Monday, October 26, 2009

Now the song is nearly over. We may never find out what it means.


Two friends in the group I was in, pre-show, at the Irish Rover on Broadway remarked separately that having seen the Pogues, it would be possible to "retire" from live shows. With streams of whiskey already flowing (o'Squish wound up driving, so didn't participate) and the band's catalog blasting non-stop on the juke box, one guy showed us his sleeve-length Shane MacGowan tattoo. Reports from other cities indicated the boys were in form, and Shane mostly upright. Excitement was high, and we piled into a cab to find out, I guess, whether Rock and Roll can ever die.




Well, not if Rachel Nagy has anything to say about it. "Enjoy the FUCK out the Pogues, she yelled as the Detroit Cobras left the stage after a strong set under the difficult circumstance of a full house awaiting breathlessly its first brush with Poguetry.

The lights went down, and out came the musicians, some now bald, many re-habbed, a cancer survivor. And shuffling behind them, the shambolic bard, shapeless, toothless in a handmade sweater. The general tone of commentary on Shane's later career, with his sweet rasping whiskey voice now reduced by 5 million cigarettes to mainly rasp, has been: He could've been someone. Well, so could anyone! And "Streams of Whiskey", "If I Should Fall From Grace With God" and "Broad Majestic Shannon", the traditional show-starting triad, proved that there is nothing wrong with the Pogues that 2,000 stomping, jumping fist-pumping 18-54 year-olds can't cure.

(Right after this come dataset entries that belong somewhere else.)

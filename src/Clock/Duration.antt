-- ===== src/Clock/Duration.antt =====
-- Sums, differences and comparisons of points in time are those of their nanoseconds.
use my_git_hub.Common.{
  ℕ, ◌+◌, ◌-◌, ◌*◌, ◌/◌, ◌%◌, ◌≤◌, ◌<◌, ◌≡◌, refl, sym, ap, ap₂, ◌∙◌, subst, true, false, ltb,
  arith, Bool-cases, inl, inr,
}
use my_git_hub.Common.Words.{u32_mod, add32, sub64}
use my_git_hub.Clock.Defs.{
  Utime, giga, sub32, normalize, utime, plus, minus, plus_assign, minus_assign,
}

-- 32-bit seconds, and less than a second of nanoseconds.
pub record IsNormal (t : Utime) : Type 0 where
  pub sec : t.tv_sec < u32_mod
  pub nsec : t.tv_nsec < giga

abbrev pub nanoseconds : Utime → ℕ
nanoseconds t = t.tv_sec * giga + t.tv_nsec

of : ℕ → ℕ → Utime
of s n = record { tv_sec = s; tv_nsec = n }

-- A count of nanoseconds determines the point in time.
same_time : (a b : Utime) → IsNormal a → IsNormal b → nanoseconds a ≡ nanoseconds b → a ≡ b
unfolding of
same_time a b v w e =
    let sec : a.tv_sec ≡ b.tv_sec = omega (arith, e, v.nsec, w.nsec) in
    let nsec : a.tv_nsec ≡ b.tv_nsec = omega (arith, e, v.nsec, w.nsec) in ap₂ of sec nsec

utime_small : (s n : ℕ) → n % u32_mod < giga → utime s n ≡ of (s % u32_mod) (n % u32_mod)
unfolding utime normalize of
utime_small s n h = let small : ltb giga (n % u32_mod) ≡ false = ground arith in rw small refl

module _ (l r : Utime) (v : IsNormal l) (w : IsNormal r) where
  -- The seconds and the nanoseconds of a sum and of a difference, which carry and borrow.
  plus_parts :
      plus l r
      ≡ of
          ((l.tv_sec + r.tv_sec + (l.tv_nsec + r.tv_nsec) / giga) % u32_mod)
          ((l.tv_nsec + r.tv_nsec) % giga)
  unfolding plus
  plus_parts =
      let nsec : (l.tv_nsec + r.tv_nsec) % giga % u32_mod ≡ (l.tv_nsec + r.tv_nsec) % giga =
        omega arith in
      utime_small (l.tv_sec + r.tv_sec + (l.tv_nsec + r.tv_nsec) / giga)
        ((l.tv_nsec + r.tv_nsec) % giga) (omega arith)
      ∙ ap (of ((l.tv_sec + r.tv_sec + (l.tv_nsec + r.tv_nsec) / giga) % u32_mod)) nsec

  plus_assign_lem : plus_assign l r ≡ plus l r
  unfolding plus_assign of
  plus_assign_lem =
      let sec : add32 l.tv_sec (r.tv_sec + (l.tv_nsec + r.tv_nsec) / giga)
          ≡ (l.tv_sec + r.tv_sec + (l.tv_nsec + r.tv_nsec) / giga) % u32_mod =
        omega arith in
      let nsec : add32 l.tv_nsec r.tv_nsec % giga ≡ (l.tv_nsec + r.tv_nsec) % giga =
        omega (arith, v.nsec, w.nsec) in
      ap₂ of sec nsec ∙ sym plus_parts

  minus_borrow :
      l.tv_nsec < r.tv_nsec
      → minus l r ≡ of (sub32 (sub32 l.tv_sec r.tv_sec) 1) (l.tv_nsec + giga - r.tv_nsec)
  unfolding minus
  minus_borrow h =
      let less : ltb l.tv_nsec r.tv_nsec ≡ true = ground arith in
      let nsec : (sub32 l.tv_nsec r.tv_nsec + giga) % u32_mod ≡ l.tv_nsec + giga - r.tv_nsec =
        omega (arith, v.nsec, w.nsec) in
      let sec : sub64 (sub64 l.tv_sec r.tv_sec) 1 % u32_mod ≡ sub32 (sub32 l.tv_sec r.tv_sec) 1 =
        omega (arith, v.sec, w.sec) in
      rw less (
        utime_small (sub64 (sub64 l.tv_sec r.tv_sec) 1) (sub32 l.tv_nsec r.tv_nsec + giga)
          (omega (arith, nsec, w.nsec, h))
        ∙ ap₂ of sec nsec)

  minus_direct :
      r.tv_nsec ≤ l.tv_nsec → minus l r ≡ of (sub32 l.tv_sec r.tv_sec) (l.tv_nsec - r.tv_nsec)
  unfolding minus
  minus_direct h =
      let less : ltb l.tv_nsec r.tv_nsec ≡ false = ground arith in
      let nsec : (sub32 l.tv_nsec r.tv_nsec + 0) % u32_mod ≡ l.tv_nsec - r.tv_nsec =
        omega (arith, v.nsec, w.nsec) in
      let sec : sub64 (sub64 l.tv_sec r.tv_sec) 0 % u32_mod ≡ sub32 l.tv_sec r.tv_sec =
        omega (arith, v.sec, w.sec) in
      rw less (
        utime_small (sub64 (sub64 l.tv_sec r.tv_sec) 0) (sub32 l.tv_nsec r.tv_nsec + 0)
          (omega (arith, nsec, v.nsec))
        ∙ ap₂ of sec nsec)

  minus_assign_lem : minus_assign l r ≡ minus l r
  unfolding minus_assign of
  minus_assign_lem = elim (Bool-cases (ltb l.tv_nsec r.tv_nsec)) [
    | inl y ↦
        let nsec : add32 l.tv_nsec (sub64 giga r.tv_nsec) ≡ l.tv_nsec + giga - r.tv_nsec =
          omega (arith, v.nsec, w.nsec) in
        rw y (ap (of (sub32 (sub32 l.tv_sec r.tv_sec) 1)) nsec ∙ sym (minus_borrow (ground arith)))
    | inr n ↦
        let nsec : sub32 l.tv_nsec r.tv_nsec ≡ l.tv_nsec - r.tv_nsec =
          ground (arith, v.nsec, w.nsec) in
        rw n (ap (of (sub32 l.tv_sec r.tv_sec)) nsec ∙ sym (minus_direct (ground arith)))
  ]

  -- Two points in time, their nanoseconds below 10 ^ 9: a sum whose seconds fit in 32 bits has the sum of
  -- the nanoseconds, and less than a second of them, and so has `+=`, which is the same.
  pub nanoseconds-plus :
      l.tv_sec + r.tv_sec + 1 < u32_mod
      → IsNormal (plus l r)
        × (nanoseconds (plus l r) ≡ nanoseconds l + nanoseconds r)
        × (plus_assign l r ≡ plus l r)
  unfolding of
  nanoseconds-plus h = (
    subst IsNormal (sym plus_parts)
        (record { sec = omega (arith, v.nsec, w.nsec); nsec = omega arith }),
    ap nanoseconds plus_parts ∙ omega (arith, v.nsec, w.nsec),
    plus_assign_lem,
  )

  pub nanoseconds-minus :
      nanoseconds r ≤ nanoseconds l
      → IsNormal (minus l r)
        × (nanoseconds (minus l r) + nanoseconds r ≡ nanoseconds l)
        × (minus_assign l r ≡ minus l r)
  unfolding of
  nanoseconds-minus h = elim (Bool-cases (ltb l.tv_nsec r.tv_nsec)) [
    | inl y ↦
        let less : l.tv_nsec < r.tv_nsec = ground arith in
        let sec : sub32 (sub32 l.tv_sec r.tv_sec) 1 + r.tv_sec + 1 ≡ l.tv_sec =
          omega (arith, v.sec, v.nsec, w.sec, w.nsec) in
        (
          subst IsNormal (sym (minus_borrow less))
              (record { sec = omega arith; nsec = omega (arith, w.nsec) }),
          ap (λ t. nanoseconds t + nanoseconds r) (minus_borrow less)
              ∙ omega (arith, sec, v.nsec, w.nsec),
          minus_assign_lem,
        )
    | inr n ↦
        let more : r.tv_nsec ≤ l.tv_nsec = ground arith in
        let sec : sub32 l.tv_sec r.tv_sec + r.tv_sec ≡ l.tv_sec =
          omega (arith, v.sec, v.nsec, w.sec, w.nsec) in
        (
          subst IsNormal (sym (minus_direct more))
              (record { sec = omega arith; nsec = omega (arith, v.nsec) }),
          ap (λ t. nanoseconds t + nanoseconds r) (minus_direct more)
              ∙ omega (arith, sec, v.nsec, w.nsec),
          minus_assign_lem,
        )
  ]

-- Two points in time, their nanoseconds below 10 ^ 9, and the seconds of their sum within 32 bits:
-- what is added is taken off again.
pub minus-plus :
    (l r : Utime)
    → IsNormal l
    → IsNormal r
    → l.tv_sec + r.tv_sec + 1 < u32_mod
    → minus (plus l r) r ≡ l
minus-plus l r v w h =
    let (normal, sum, same) = nanoseconds-plus l r v w h in
    let (normal', difference, same') =
      nanoseconds-minus (plus l r) r normal w (omega (arith, sum)) in
    same_time (minus (plus l r) r) l normal' v (omega (arith, sum, difference))
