-- ===== src/Clock/Tests.antt =====
-- Runs of trunk/include/common/time_utils.h and trunk/src/common/time_utils.cpp.
use my_git_hub.Common.{◌+◌, ◌*◌, ◌≡◌, refl, arith, some}
use my_git_hub.Common.Int.{pos, negsuc, ◌+ℤ◌, ◌-ℤ◌}
use my_git_hub.Clock.Defs.{Utime, normalize, utime, plus, plus_assign}
use my_git_hub.Clock.Duration.{IsNormal, nanoseconds, nanoseconds-plus}
use my_git_hub.Clock.Calendar.{
  Tm, is_leap, is_leap_year, days_from_0, carry_months, internal_timegm, days_from_1970,
  days_from_1jan, ◌*ℤ◌, ◌/ℤ◌, ◌%ℤ◌,
}
use my_git_hub.Clock.Days.{leap, days_since_epoch, total_seconds, internal_timegm-days}

-- A whole second of nanoseconds is left as it is.
second_left : (utime 5 1000000000).tv_nsec ≡ 1000000000
unfolding utime normalize
second_left = refl

abbrev early : Utime
early = record { tv_sec = 3; tv_nsec = 900000000 }

abbrev late : Utime
late = record { tv_sec = 7; tv_nsec = 200000000 }

early-IsNormal : IsNormal early
early-IsNormal = record { sec = omega arith; nsec = omega arith }

late-IsNormal : IsNormal late
late-IsNormal = record { sec = omega arith; nsec = omega arith }

nanoseconds-plus_example :
    IsNormal (plus late early)
    × (nanoseconds (plus late early) ≡ 11100000000)
    × (plus_assign late early ≡ plus late early)
nanoseconds-plus_example = nanoseconds-plus late early late-IsNormal early-IsNormal (omega arith)

-- The first of March of the year 2000, given as the tenth month before January 2001.
abbrev march : Tm
march = record {
  tm_year = pos 101;
  tm_mon = negsuc 9;
  tm_mday = pos 1;
  tm_hour = pos 0;
  tm_min = pos 0;
  tm_sec = pos 7;
}

march_seconds : internal_timegm march ≡ some (pos 951868807)
unfolding internal_timegm carry_months days_from_1970 days_from_0 days_from_1jan is_leap ◌+ℤ◌ ◌-ℤ◌
    ◌*ℤ◌ ◌/ℤ◌ ◌%ℤ◌
march_seconds = refl

march_months : 12 *ℤ (pos 101 +ℤ pos 1900) +ℤ negsuc 9 ≡ pos (12 * 2000 + 2)
unfolding ◌+ℤ◌ ◌*ℤ◌
march_months = refl

internal_timegm-days_example :
    (internal_timegm march ≡ total_seconds march (days_since_epoch 1999 2 (pos 1)))
    × (is_leap (pos 2000) ≡ leap 2000)
    × (is_leap_year (pos 2000) ≡ leap 2000)
internal_timegm-days_example = internal_timegm-days march 1999 2 (omega arith) march_months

I had predicted here that tears would flow as "Thousands" was played, but it took less time than that. As the band launched into the blistering main body of "Young Ned of the Hill", a hail of those glow stick thingies, beer cups and the glittering, trailing plumes of the blessed beverage they had held filled the air, and there were tears on my cheeks. At that moment I was as happy as I've been in years, and I'll remember it all my life.

I can't recall a single disappointment with the show as it stood. Oh sure, 'Fairytale of New York", their iconic, junkie Xmas song was left out, not for lack of snow (the Pogues very resourcefully bring their own), But for a Kirsty MacColl or Emma Finer to sing it. The band was out of its mind, James Fearnley still jumping and diving, accordion in hand. Shane was in strong voice and chatty. Shane's Ray-Bans came off briefly during "Old Main Drag" where the singer complains that they "messed up my good looks"- priceless!

I got to sing along to "Dirty Old Town" and "Thousands Are Sailing", and did in fact "raise a glass to JFK", and 8 musicians besides. I was unprepared for the barely contained chaos that was "Fiesta", in which one of humankind's nobler inventions, the beer tray, gave its life on Spider Stacy's head. I tried to get a picture of that, but by that time, the place where I was, the first riser above the mosh pit, had turned into a second mosh pit itself. Don't mourn the beer tray. Reflect instead, on what could possibly get gray-hairs with high blood pressure and people who weren't even born yet when the song was first played bouncing sweatily, beerily, shoulder to shoulder. Can we apply that to health care reform?

I can now slide contentedly into middle age, though if the lads want to come back next year, I can easily put on my Docs and step back out. I never saw The Clash or the Ramones, and it's too late now ( Joe Strummer joined the Pogues after strung-out Shane was finally kicked out, and "Straight to Hell" plays before every show). But Rock and Roll has never been about what you didn't do, but what you did. Whiskey, heroin, peace and love, any which way the wind may be blowing. Mosh on, 18 year olds, you'll be glad you did.